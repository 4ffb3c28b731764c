-- ===== src/StateRoot/Rows.antt =====
-- The exclusive-or of the hashes of a table of rows, and what the statements on the table do to it.
use nftlox.Prelude.{
  inr, inl, ℕ, suc, ◌+◌, String, ◌≡◌, refl, sym, ap, ◌∙◌, Option, none, some, List, [], ◌∷◌, ◌==◌,
  eq_iff, length, arith, Bool-cases,
}
use nftlox.Table.{Table, get, upsert, remove, get-upsert, get-remove}
use nftlox.StateRoot.Hash.{zeros, xor_bytes}
use nftlox.StateRoot.Xor.{
  IsRoot, xor_bytes-IsRoot, zeros-IsRoot, xor_bytes_comm, xor_bytes_assoc, xor_bytes_self,
  xor_bytes_twice,
}

-- No key twice.
unfoldable pub Distinct {ℓ} : {V : Type ℓ} → Table V → Type ℓ
Distinct [] = Unit
Distinct ((k, v) ∷ t) = (get k t ≡ none) × Distinct t

-- 1 for a row, 0 for none.
abbrev pub one_if_set {ℓ} : {V : Type ℓ} → Option V → ℕ
one_if_set none = 0
one_if_set (some v) = 1

-- Each row has a hash of 32 bytes; `h` gives no row the root of zeros.
module _ {V : Type 0} (hash : V → List ℕ) (is_root : (v : V) → IsRoot 32 (hash v)) where
  abbrev pub hash_of : Option V → List ℕ
  hash_of none = zeros 32
  hash_of (some v) = hash v

  pub hash_of-IsRoot : (o : Option V) → IsRoot 32 (hash_of o)
  hash_of-IsRoot none = zeros-IsRoot 32
  hash_of-IsRoot (some v) = is_root v

  unfoldable pub table_root : Table V → List ℕ
  table_root [] = zeros 32
  table_root ((k, v) ∷ t) = xor_bytes (table_root t) (hash v)

  pub table_root-IsRoot : (t : Table V) → IsRoot 32 (table_root t)
  unfolding table_root
  table_root-IsRoot [] = zeros-IsRoot 32
  table_root-IsRoot ((k, v) ∷ t) =
      xor_bytes-IsRoot 32 (table_root t) (hash v) (table_root-IsRoot t) (is_root v)

  swap_last : (a b c : List ℕ) → xor_bytes (xor_bytes a b) c ≡ xor_bytes (xor_bytes a c) b
  swap_last a b c =
      xor_bytes_assoc a b c ∙ ap (xor_bytes a) (xor_bytes_comm b c) ∙ sym (xor_bytes_assoc a c b)

  -- An upsert takes the old row's hash out and the new one's in.
  pub table_root-upsert :
      (k : String) (v : V) (t : Table V)
      → table_root (upsert k v t)
        ≡ xor_bytes (xor_bytes (table_root t) (hash_of (get k t))) (hash v)
  unfolding table_root upsert get
  table_root-upsert k v [] = rw (xor_bytes_self 32 (zeros 32) (zeros-IsRoot 32)) refl
  table_root-upsert k v ((j, w) ∷ t) = elim (Bool-cases (j == k)) [
    | inl e ↦
        rw (e, xor_bytes_twice 32 (table_root t) (hash w) (table_root-IsRoot t) (is_root w)) refl
    | inr e ↦
        rw (e, table_root-upsert k v t)
          (swap_last (xor_bytes (table_root t) (hash_of (get k t))) (hash v) (hash w)
            ∙ ap (λ x. xor_bytes x (hash v))
                (swap_last (table_root t) (hash_of (get k t)) (hash w)))
  ]

  remove_absent : (k : String) (t : Table V) → get k t ≡ none → remove k t ≡ t
  unfolding get remove
  remove_absent k [] h = refl
  remove_absent k ((j, w) ∷ t) h = ground (arith, h, remove_absent k t)

  -- A removal takes the old row's hash out.
  pub table_root-remove :
      (k : String) (t : Table V)
      → Distinct t
      → table_root (remove k t) ≡ xor_bytes (table_root t) (hash_of (get k t))
  unfolding table_root remove get Distinct
  table_root-remove k [] d = sym (xor_bytes_self 32 (zeros 32) (zeros-IsRoot 32))
  table_root-remove k ((j, w) ∷ t) d = elim (Bool-cases (j == k)) [
    | inl e ↦
        rw
          (
            e,
            remove_absent k t (ground (arith, e, eq_iff j k, d.0)),
            xor_bytes_twice 32 (table_root t) (hash w) (table_root-IsRoot t) (is_root w),
          )
          refl
    | inr e ↦
        rw (e, table_root-remove k t d.1) (swap_last (table_root t) (hash_of (get k t)) (hash w))
  ]

module _ {V : Type 0} where
  pub length-upsert :
      (k : String) (v : V) (t : Table V)
      → length (upsert k v t) + one_if_set (get k t) ≡ suc (length t)
  unfolding upsert get
  length-upsert k v [] = refl
  length-upsert k v ((j, w) ∷ t) = ground (arith, length-upsert k v t)

  pub length-remove :
      (k : String) (t : Table V)
      → Distinct t
      → length (remove k t) + one_if_set (get k t) ≡ length t
  unfolding remove get Distinct
  length-remove k [] d = refl
  length-remove k ((j, w) ∷ t) d = elim (Bool-cases (j == k)) [
    | inl e ↦ ground (arith, e, eq_iff j k, d.0, length-remove k t d.1)
    | inr e ↦ ground (arith, e, length-remove k t d.1)
  ]

  pub upsert-Distinct : (k : String) (v : V) (t : Table V) → Distinct t → Distinct (upsert k v t)
  unfolding upsert get Distinct
  upsert-Distinct k v [] d = (refl, tt)
  upsert-Distinct k v ((j, w) ∷ t) d = elim (Bool-cases (j == k)) [
    | inl e ↦ rw e d
    | inr e ↦ rw e (
      ground (arith, e, get-upsert k j v t, eq_iff j k, eq_iff k j, d.0),
      upsert-Distinct k v t d.1,
    )
  ]

  pub remove-Distinct : (k : String) (t : Table V) → Distinct t → Distinct (remove k t)
  unfolding remove get Distinct
  remove-Distinct k [] d = tt
  remove-Distinct k ((j, w) ∷ t) d = elim (Bool-cases (j == k)) [
    | inl e ↦ rw e (remove-Distinct k t d.1)
    | inr e ↦ rw e (ground (arith, e, get-remove k j t, eq_iff k j, d.0), remove-Distinct k t d.1)
  ]

  -- A measure of the rows, added up.
  unfoldable pub sum_of : (V → ℕ) → Table V → ℕ
  sum_of m [] = 0
  sum_of m ((k, v) ∷ t) = m v + sum_of m t

  pub sum_of-upsert :
      (m : V → ℕ) (k : String) (v : V) (t : Table V)
      → sum_of m (upsert k v t) + elim (get k t) [ none ↦ 0 | some w ↦ m w ] ≡ sum_of m t + m v
  unfolding sum_of upsert get
  sum_of-upsert m k v [] = omega arith
  sum_of-upsert m k v ((j, w) ∷ t) = ground (arith, sum_of-upsert m k v t)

• **WHAT IS BEING ASKED**
If a line of the listing above contains "length", pick it out and copy it.

• **ANSWER AREA**
  eq_iff, length, arith, Bool-cases,
  pub length-upsert :
      → length (upsert k v t) + one_if_set (get k t) ≡ suc (length t)
  length-upsert k v [] = refl
  length-upsert k v ((j, w) ∷ t) = ground (arith, length-upsert k v t)
  pub length-remove :
      → length (remove k t) + one_if_set (get k t) ≡ length t
  length-remove k [] d = refl
  length-remove k ((j, w) ∷ t) d = elim (Bool-cases (j == k)) [
    | inl e ↦ ground (arith, e, eq_iff j k, d.0, length-remove k t d.1)
    | inr e ↦ ground (arith, e, length-remove k t d.1)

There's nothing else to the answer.